Kirche sagt Nein zu 1000-Euro-Prämie für viele Eintritte

Kassel. Eine Erfolgsprämie für Kirchengemeinden, die besonders viele Eintritte und wenige Austritte haben - das wird es in Kassel nicht geben. 

Einen entsprechenden Vorschlag der Kirchengemeinde am Jungfernkopf hat die evangelische Stadtsynode am Mittwochabend mit großer Mehrheit abgelehnt. Nur drei der 50 Kirchenparlamentarier befürworteten die Idee.

Wie berichtet, hatte die Gemeinde Jungfernkopf beantragt, dass künftig jedes Jahr die Gemeinde mit der besten Eintrittsbilanz 1000 Euro für ihre Arbeit mit Ehrenamtlichen bekommen soll. Dazu sollten prozentual zur Gemeindegröße die Ein- und Austrittszahlen in allen 22 Gemeinden berechnet und miteinander verglichen werden. Die Eintrittsbilanz ist dabei allerdings eher eine Austrittsbilanz: Alle Gemeinden haben im vergangenen Jahr mehr Mitglieder verloren als gewonnen.

Arno Wilke

„Mit den Austritten gehen Ressourcen verloren, um Gebäude zu unterhalten, Personal anzustellen und kirchliche Arbeit zu leisten“, erläuterte Pfarrer Arno Wilke vom Jungfernkopf den Antrag vor der Synode.

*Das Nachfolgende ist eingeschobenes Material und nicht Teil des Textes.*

-- ===== src/Daemon/Firewall/Verdict.antt =====
-- What a chain of daemon/pkg/network/firewall/iptables.go decides on a packet, after the manual of
-- iptables: the first rule whose matches all hold, and the same for the rules that an action adds.
use yaghan.Base.{
  ℕ, ◌-◌, ◌/◌, ◌^◌, ◌≡◌, refl, sym, ap, ◌∙◌, Bool, true, false, not, ◌&&◌, ◌||◌, List, [], ◌∷◌,
  ◌++◌, Option, none, some, if◌then◌else◌, nat_beq, arith, Bool-cases, inl, inr,
}
use yaghan.Base.Text.{Text, text_beq}
use yaghan.Net.Addr.{Addr, v4, addr_beq}
use yaghan.Net.Allocator.{Prefix}
use yaghan.Daemon.Firewall.Rules.{
  Rule, Target, Protocol, any_protocol, protocol_beq, Endpoint, anywhere, single, network,
  contains_rule, add_unique, rule_beq, rule_beq-same,
}
use yaghan.Daemon.Firewall.Sequence.{seq-succeeds, append_unique-succeeds, ensure_sandbox_set-rules}
use yaghan.Daemon.Firewall.{
  FirewallError, filter_forward, nat_postrouting, Tables, Action, ◌>>◌, nothing, stop,
  append_unique, ensure_sandbox_set, Kernel,
}

-- A packet on its way through the kernel; `service` is `any_protocol` for all traffic but DNS.
pub record Packet : Type 0 where
  pub in_iface : Text
  pub out_iface : Text
  pub src : Addr
  pub dst : Addr
  pub service : Protocol
  pub established : Bool

-- Whether an address is in an IPv4 prefix.
abbrev pub contains_addr : Prefix → Addr → Bool
contains_addr p (v4 n) = nat_beq (n / 2 ^ (32 - p.bits)) (p.addr / 2 ^ (32 - p.bits))
contains_addr p _ = false

abbrev pub matches_iface : Text → Text → Bool
matches_iface [] device = true
matches_iface (c ∷ s) device = text_beq (c ∷ s) device

abbrev pub matches_endpoint : Endpoint → Addr → Bool
matches_endpoint anywhere a = true
matches_endpoint (single b) a = addr_beq b a
matches_endpoint (network p) a = contains_addr p a

abbrev pub matches_protocol : Protocol → Protocol → Bool
matches_protocol any_protocol s = true
matches_protocol proto s = protocol_beq proto s

-- The sets of the namespace: whether the set of a name holds an address.
module _ (in_set : Text → Addr → Bool) where
  abbrev pub matches_set : Text → Addr → Bool
  matches_set [] a = true
  matches_set (c ∷ s) a = in_set (c ∷ s) a

  unfoldable pub matches_rule : Rule → Packet → Bool
  matches_rule r p =
      matches_iface r.in_iface p.in_iface
      && matches_iface r.out_iface p.out_iface
      && matches_endpoint r.src p.src
      && matches_endpoint r.dst p.dst
      && matches_protocol r.protocol p.service
      && (not r.established || p.established)
      && matches_set r.match_set p.dst

  unfoldable pub verdict : Rule → Packet → Option Target
  verdict r p = if matches_rule r p then some r.target else none

  abbrev pub or_else : Option Target → Option Target → Option Target
  or_else none w = w
  or_else (some v) w = some v

  -- The target of the first rule that matches.
  unfoldable pub decide : List Rule → Packet → Option Target
  decide [] p = none
  decide (r ∷ rs) p = or_else (verdict r p) (decide rs p)

  or_else_assoc : (u v w : Option Target) → or_else (or_else u v) w ≡ or_else u (or_else v w)
  or_else_assoc none v w = refl
  or_else_assoc (some u) v w = refl

  or_else-none : (u : Option Target) → or_else u none ≡ u
  or_else-none none = refl
  or_else-none (some u) = refl

  or_else_idem : (u v : Option Target) → or_else (or_else u v) u ≡ or_else u v
  or_else_idem none none = refl
  or_else_idem none (some v) = refl
  or_else_idem (some u) v = refl

  decide-append :
      (rs : List Rule) (r : Rule) (p : Packet)
      → decide (rs ++ r ∷ []) p ≡ or_else (decide rs p) (verdict r p)
  unfolding decide
  decide-append [] r p = or_else-none (verdict r p)
  decide-append (s ∷ rs) r p =
      rw (decide-append rs r p) (sym (or_else_assoc (verdict s p) (decide rs p) (verdict r p)))

  or_else_absorb : (u v w : Option Target) → or_else v w ≡ v → or_else (or_else u v) w ≡ or_else u v
  or_else_absorb none v w e = e
  or_else_absorb (some u) v w e = refl

  -- A rule that the chain has already decides nothing more.
  decide-contains_rule :
      (rs : List Rule) (r : Rule) (p : Packet)
      → contains_rule rs r ≡ true
      → or_else (decide rs p) (verdict r p) ≡ decide rs p
  unfolding decide contains_rule
  decide-contains_rule [] r p h = cc
  decide-contains_rule (s ∷ rs) r p h = elim (Bool-cases (rule_beq s r)) [
    | inl e ↦ rw (rule_beq-same s r e) (first (verdict r p) (decide rs p))
    | inr e ↦
        or_else_absorb (verdict s p) (decide rs p) (verdict r p)
          (decide-contains_rule rs r p (ground arith))
  ]
    where
      first : (u v : Option Target) → or_else (or_else u v) u ≡ or_else u v
      first u v = or_else_idem u v

  decide-add_unique :
      (rs : List Rule) (r : Rule) (p : Packet)
      → decide (add_unique rs r) p ≡ or_else (decide rs p) (verdict r p)
  unfolding add_unique
  decide-add_unique rs r p = elim (Bool-cases (contains_rule rs r)) [
    | inl e ↦ rw e (sym (decide-contains_rule rs r p e))
    | inr e ↦ rw e (decide-append rs r p)
  ]

  -- An action that kernel adds rules to FORWARD that decide `v` on the packet.
  module _ (kernel : Kernel) (p : Packet) where
    unfoldable pub Decides : Action → Option Target → Type 0
    Decides m v =
        (t : Tables)
        → (m t).1 ≡ none
        → decide ((m t).0.rules filter_forward) p ≡ or_else (decide (t.rules filter_forward) p) v

    pub Decides-nothing : Decides nothing none
    unfolding Decides
    Decides-nothing t h = sym (or_else-none (decide (t.rules filter_forward) p))

    pub Decides-stop : (e : FirewallError) (v : Option Target) → Decides (stop e) v
    unfolding Decides
    Decides-stop e v t h = ground arith

    pub Decides-forward : (r : Rule) → Decides (append_unique kernel filter_forward r) (verdict r p)
    unfolding Decides
    Decides-forward r t h =
        rw (append_unique-succeeds kernel filter_forward r t h)
          (decide-add_unique (t.rules filter_forward) r p)

    pub Decides-postrouting : (r : Rule) → Decides (append_unique kernel nat_postrouting r) none
    unfolding Decides
    Decides-postrouting r t h =
        rw (append_unique-succeeds kernel nat_postrouting r t h)
          (sym (or_else-none (decide (t.rules filter_forward) p)))

    pub Decides-set : (i : ℕ) → Decides (ensure_sandbox_set kernel i) none
    unfolding Decides
    Decides-set i t h =
        rw (ensure_sandbox_set-rules kernel i t)
          (sym (or_else-none (decide (t.rules filter_forward) p)))

    pub Decides-seq :
        (m n : Action) (v w : Option Target)
        → Decides m v
        → Decides n w
        → Decides (m >> n) (or_else v w)
    unfolding Decides
    Decides-seq m n v w hm hn t h =
        let (first, same) = seq-succeeds m n t h in
        simp same (
          hn (m t).0 (ap (λ r. r.1) (sym same) ∙ h)
          ∙ ap (λ d. or_else d w) (hm t first)
          ∙ or_else_assoc (decide (t.rules filter_forward) p) v w)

Mit dem jährlichen Bonus solle ein Anreiz gesetzt werden, Mitglieder zu werben und zu halten. Mit dem Zuschuss sollten Gemeinden, die hier besonders engagiert seien, gewertschätzt werden.

C. Köstner- Norbisrath

Mit der Idee stieß er auf wenig Gegenliebe bei den Synodalen. Es sei zwar ehrenwert, dass der Kirchenvorstand Jungfernkppf sich Gedanken mache, wie man Gemeinden attraktiv halten könne, sagte Pfarrer Carsten Köstner-Norbisrath (Friedenskirche, Vorderer Westen). Die Anzahl der Kircheneintritte seien dabei aber kein gutes Kriterium. Die Gemeinde habe oftmals gar keinen Einfluss auf die Ein- oder Austrittsentscheidungen von Menschen. Zudem halte er die Herangehensweise mit einem finanziellen Anreiz für falsch, sagte Köstner-Norbisrath: „Dass Gemeinden in einen Wettstreit um 1000 Euro treten, wird auch in der Öffentlichkeit nicht gut ankommen.“

Sabine Kresse

Gemeinden dürften nicht zu Konkurrenten werden, sagte auch Pfarrerin Sabine Kresse (Erlöserkirche, Harleshausen). „Wir werben alle für Kircheneintritte - in welcher Gemeinde ist zweitrangig.“ Zudem gelte es, 1000 Euro nicht als Belohnung zu verteilen, sondern dorthin zu geben, wo sie gebraucht werden.